One of the more honest moments from Madelaine Flynn’s conversation on Voice for Infection Prevention comes when Jacob Hutcherson asks a deceptively simple question: when do you finally feel comfortable as an Infection Preventionist? Madelaine’s answer is refreshing because it avoids the kind of false certainty that can make early-career professionals feel behind. Instead, she acknowledges something many people in the field quietly know: confidence in Infection Prevention does not arrive all at once.
That is partly because Infection Prevention is such a broad discipline. It touches surveillance, education, quality improvement, outbreak response, regulatory readiness, interdisciplinary collaboration, and more across a wide range of clinical environments. In Madelaine’s view, even with nearly 12 years of experience, there are still areas where she would not claim to be the expert. That perspective is not a sign of insecurity. If anything, it reflects a mature understanding of the role. Knowing what you do not know is part of being effective in Infection Prevention.

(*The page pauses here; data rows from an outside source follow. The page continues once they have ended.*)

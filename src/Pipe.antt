-- ===== src/Pipe.antt =====
-- The pipe of kernel/core/pipe.c: a ring of 512 bytes with wrapping 32-bit counters.
-- `piperead` and `pipewrite` run with the pipe's lock held and give it up only in `sleep`, so a
-- call is a sequence of segments: each runs to the next `sleep` or to the return.
pub mod Fifo
pub mod Segments
pub mod Stream
pub mod Tests
use ustc_26spring.Common.{
  ℕ, zero, suc, ◌+◌, ◌%◌, Bool, true, false, ◌&&◌, ◌||◌, not, Option, none, some, List, [], ◌∷◌,
  ◌==◌, get_or, set,
}
use ustc_26spring.Common.Word.{add32, add64}

abbrev pub pipe_size : ℕ
pipe_size = 512

-- `struct pipe` without its lock.
pub record Pipe : Type 0 where
  pub bytes : List ℕ
  pub nread : ℕ
  pub nwrite : ℕ
  pub readopen : Bool
  pub writeopen : Bool

-- The channels that sleepers wait on: the addresses of the two counters.
pub data Chan : Type 0 where
  nread_chan nwrite_chan : Chan

-- How a segment ends: the call returns (`none` is -1), or it sleeps with its loop variable.
pub data Outcome : Type 0 where
  returned : Option ℕ → Outcome
  asleep : Chan → ℕ → Outcome

-- What a segment of `pipewrite` leaves: the pipe, the bytes it stored, how it ends, and the
-- channels it woke.
pub record Written : Type 0 where
  pub pipe : Pipe
  pub sent : List ℕ
  pub outcome : Outcome
  pub woken : List Chan

-- What the reading loop leaves.
pub record Taken : Type 0 where
  pub pipe : Pipe
  pub count : ℕ
  pub delivered : List ℕ
  pub lost : List ℕ

-- What a segment of `piperead` leaves.
pub record Read : Type 0 where
  pub taken : Taken
  pub outcome : Outcome
  pub woken : List Chan

abbrev pub nothing : Pipe → Taken
nothing p = record { pipe = p; count = 0; delivered = []; lost = [] }

-- The pipe that `pipealloc` sets up in a fresh page, whose bytes are those of the page.
pub fresh : List ℕ → Pipe
fresh page = record { bytes = page; nread = 0; nwrite = 0; readopen = true; writeopen = true }

abbrev pub is_empty : Pipe → Bool
is_empty p = p.nread == p.nwrite

abbrev pub is_full : Pipe → Bool
is_full p = p.nwrite == add32 p.nread pipe_size

-- pi->data[pi->nwrite % PIPESIZE] = ch; pi->nwrite++;
pub push : Pipe → ℕ → Pipe
push p ch = record p { bytes = set p.bytes (p.nwrite % pipe_size) ch; nwrite = add32 p.nwrite 1 }

-- ch = pi->data[pi->nread % PIPESIZE];
pub front : Pipe → ℕ
front p = get_or p.bytes (p.nread % pipe_size) 0

-- pi->nread++;
pub advance : Pipe → Pipe
advance p = record p { nread = add32 p.nread 1 }

-- The process that calls: `copyin` of one byte of its memory, `copyout` of one byte to it, and
-- what `p->killed` reads in the round of the loop with counter i.
pub record Caller : Type 0 where
  pub copyin : ℕ → Option ℕ
  pub copyout : ℕ → ℕ → Bool
  pub killed : ℕ → Bool

module _ (c : Caller) (addr : ℕ) where
  -- A segment of `pipewrite`, from its start (i = 0) or from a wakeup, with k = n - i rounds left.
  pub write_segment : ℕ → ℕ → Pipe → Written
  unfolding push
  write_segment zero i p = record {
    pipe = p;
    sent = [];
    outcome = returned (some i);
    woken = nread_chan ∷ [];
  }
  write_segment (suc k) i p = elim (not p.readopen || c.killed i) [
    | true ↦ record { pipe = p; sent = []; outcome = returned none; woken = [] }
    | false ↦ elim (is_full p) [
      | true ↦ record {
        pipe = p;
        sent = [];
        outcome = asleep nwrite_chan i;
        woken = nread_chan ∷ [];
      }
      | false ↦ elim (c.copyin (add64 addr i)) [
        | none ↦ record {
          pipe = p;
          sent = [];
          outcome = returned (some i);
          woken = nread_chan ∷ [];
        }
        | some ch ↦
            let rest = write_segment k (i + 1) (push p ch) in record rest { sent = ch ∷ rest.sent }
      ]
    ]
  ]

  -- The second loop of `piperead` with k = n - i rounds left. `delivered` reached the caller's
  -- memory; `lost` is the byte taken from the ring whose `copyout` failed.
  pub read_loop : ℕ → ℕ → Pipe → Taken
  unfolding front advance
  read_loop zero i p = record { pipe = p; count = i; delivered = []; lost = [] }
  read_loop (suc k) i p = elim (is_empty p) [
    | true ↦ record { pipe = p; count = i; delivered = []; lost = [] }
    | false ↦ elim (c.copyout (add64 addr i) (front p)) [
      | false ↦ record { pipe = advance p; count = i; delivered = []; lost = front p ∷ [] }
      | true ↦
          let rest = read_loop k (i + 1) (advance p) in
          record rest { delivered = front p ∷ rest.delivered }
    ]
  ]

  -- A segment of `piperead` of n bytes: the wait for a byte or for the last writer to close, then
  -- the loop. `killed 0` is what the wait reads.
  pub read_segment : ℕ → Pipe → Read
  unfolding read_loop
  read_segment n p = elim (is_empty p && p.writeopen) [
    | true ↦ elim (c.killed 0) [
      | true ↦ record { taken = nothing p; outcome = returned none; woken = [] }
      | false ↦ record { taken = nothing p; outcome = asleep nread_chan 0; woken = [] }
    ]
    | false ↦
        let t = read_loop n 0 p in
        record { taken = t; outcome = returned (some t.count); woken = nwrite_chan ∷ [] }
  ]

-- `pipeclose`: the pipe, the channel woken, and whether the page is freed.
pub close : Bool → Pipe → Pipe × Chan × Bool
close true p = (record p { writeopen = false }, nread_chan, not p.readopen)
close false p = (record p { readopen = false }, nwrite_chan, not p.writeopen)
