-- ===== src/Pipe/Fifo.antt =====
-- The bytes that a pipe holds, oldest first, and what the loops of kernel/core/pipe.c do to them.
use ustc_26spring.Common.{
  ℕ, zero, suc, ◌+◌, ◌%◌, ◌≤◌, ◌<◌, ◌≡◌, ◌≢◌, refl, ap, true, false, List, [], ◌∷◌, ◌++◌, arith,
  length, get_or, set, length-set, get_or-set_self, get_or-set_ne,
}
use mathlib.Core.Path.{ap₂}
use ustc_26spring.Common.Word.{add32, sub32, u32_mod}
use ustc_26spring.Pipe.{Pipe, pipe_size, push, front, advance, is_empty, is_full}

-- k bytes of the ring from counter r on.
abbrev pub window : List ℕ → ℕ → ℕ → List ℕ
window b r zero = []
window b r (suc k) = get_or b (r % pipe_size) 0 ∷ window b (add32 r 1) k

abbrev pub size : Pipe → ℕ
size p = sub32 p.nwrite p.nread

abbrev pub contents : Pipe → List ℕ
contents p = window p.bytes p.nread (size p)

pub record IsValid (p : Pipe) : Type 0 where
  pub storage : length p.bytes ≡ pipe_size
  pub read_word : p.nread < u32_mod
  pub write_word : p.nwrite < u32_mod
  pub bounded : size p ≤ pipe_size

-- Fewer than 512 steps do not come back to a cell of the ring.
cell_ne : (r k : ℕ) → suc k < pipe_size → (r + suc k) % u32_mod % pipe_size ≢ r % pipe_size
cell_ne r k h = omega arith

window-set :
    (b : List ℕ) (x k r i : ℕ)
    → length b ≡ pipe_size
    → r < u32_mod
    → k < pipe_size
    → i ≡ (r + k) % u32_mod % pipe_size
    → window (set b i x) r (suc k) ≡ window b r k ++ x ∷ []
window-set b x zero r i hb hr hk e =
    ap (λ v. v ∷ []) (ground (arith, get_or-set_self b i x 0 (omega arith)))
window-set b x (suc k) r i hb hr hk e =
    ap₂ ◌∷◌ (get_or-set_ne b i (r % pipe_size) x 0 (λ q. cell_ne r k hk (omega arith)))
      (window-set b x k (add32 r 1) i hb (omega arith) (omega arith) (omega arith))

length-window : (b : List ℕ) (r k : ℕ) → length (window b r k) ≡ k
length-window b r zero = refl
length-window b r (suc k) = ap suc (length-window b (add32 r 1) k)

pub length-contents : (p : Pipe) → length (contents p) ≡ size p
length-contents p = length-window p.bytes p.nread (size p)

-- The code's test for a full ring is exactly that it holds 512 bytes.
pub is_full_iff : (p : Pipe) → IsValid p → is_full p ≡ true → size p ≡ pipe_size
is_full_iff p v h = ground arith

pub not_full : (p : Pipe) → IsValid p → is_full p ≡ false → size p < pipe_size
not_full p v h = ground arith

pub not_empty : (p : Pipe) → IsValid p → is_empty p ≡ false → 0 < size p
not_empty p v h = ground arith

module _ (p : Pipe) (v : IsValid p) where
  pub push-IsValid : (x : ℕ) → is_full p ≡ false → IsValid (push p x)
  unfolding push
  push-IsValid x h =
      let room = not_full p v h in
      let kept = length-set p.bytes (p.nwrite % pipe_size) x in
      record {
        storage = omega arith;
        read_word = v.read_word;
        write_word = omega arith;
        bounded = omega arith;
      }

  pub contents-push : (x : ℕ) → is_full p ≡ false → contents (push p x) ≡ contents p ++ x ∷ []
  unfolding push
  contents-push x h =
      let room = not_full p v h in
      let grows : sub32 (add32 p.nwrite 1) p.nread ≡ suc (size p) = omega arith in
      rw grows (
        window-set p.bytes x (size p) p.nread (p.nwrite % pipe_size) v.storage v.read_word room
          (omega arith))

  pub advance-IsValid : is_empty p ≡ false → IsValid (advance p)
  unfolding advance
  advance-IsValid h = let some_left = not_empty p v h in omega arith

  pub contents-advance : is_empty p ≡ false → contents p ≡ front p ∷ contents (advance p)
  unfolding advance front
  contents-advance h =
      let some_left = not_empty p v h in
      let shrinks : size p ≡ suc (sub32 p.nwrite (add32 p.nread 1)) = omega arith in rw shrinks refl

Her estimate was that it took about 18 months before she felt truly confident managing her own site. That timeline matters. In a profession where many people “fall into” the work and then find themselves learning an enormous amount in real time, it is easy to underestimate the adjustment period. Madelaine’s answer offers a more realistic frame: confidence is built through repeated exposure, problem-solving, and reflection, not through instantly having every answer.
What makes her perspective especially valuable is the way it reframes confidence itself. She does not describe confidence as reaching a point where nothing feels unfamiliar. She describes it more as developing the judgment to understand your strengths, recognize your limitations, and continue learning. That is a far more durable kind of confidence than simple certainty. It is also much more aligned with the reality of healthcare, where new situations, competing priorities, and unexpected challenges are part of the work.
There is also something encouraging in the specificity of her answer. Eighteen months is long enough to validate the steep learning curve, but short enough to remind newer professionals that growth does happen. Competence in Infection Prevention is not mysterious. It accumulates. Over time, what once felt unfamiliar becomes recognizable. What once required constant reassurance begins to feel manageable. Eventually, you find that you are not just reacting to questions. You are answering them with perspective.
For professionals early in their Infection Prevention career, that may be the most useful takeaway from this clip. The goal is not to rush toward expertise or pretend to know more than you do. The goal is to stay curious, build sound judgment, and give yourself enough time in the work to let confidence take shape. As Madelaine makes clear, that process is not only normal. It is part of becoming the kind of practitioner others can trust.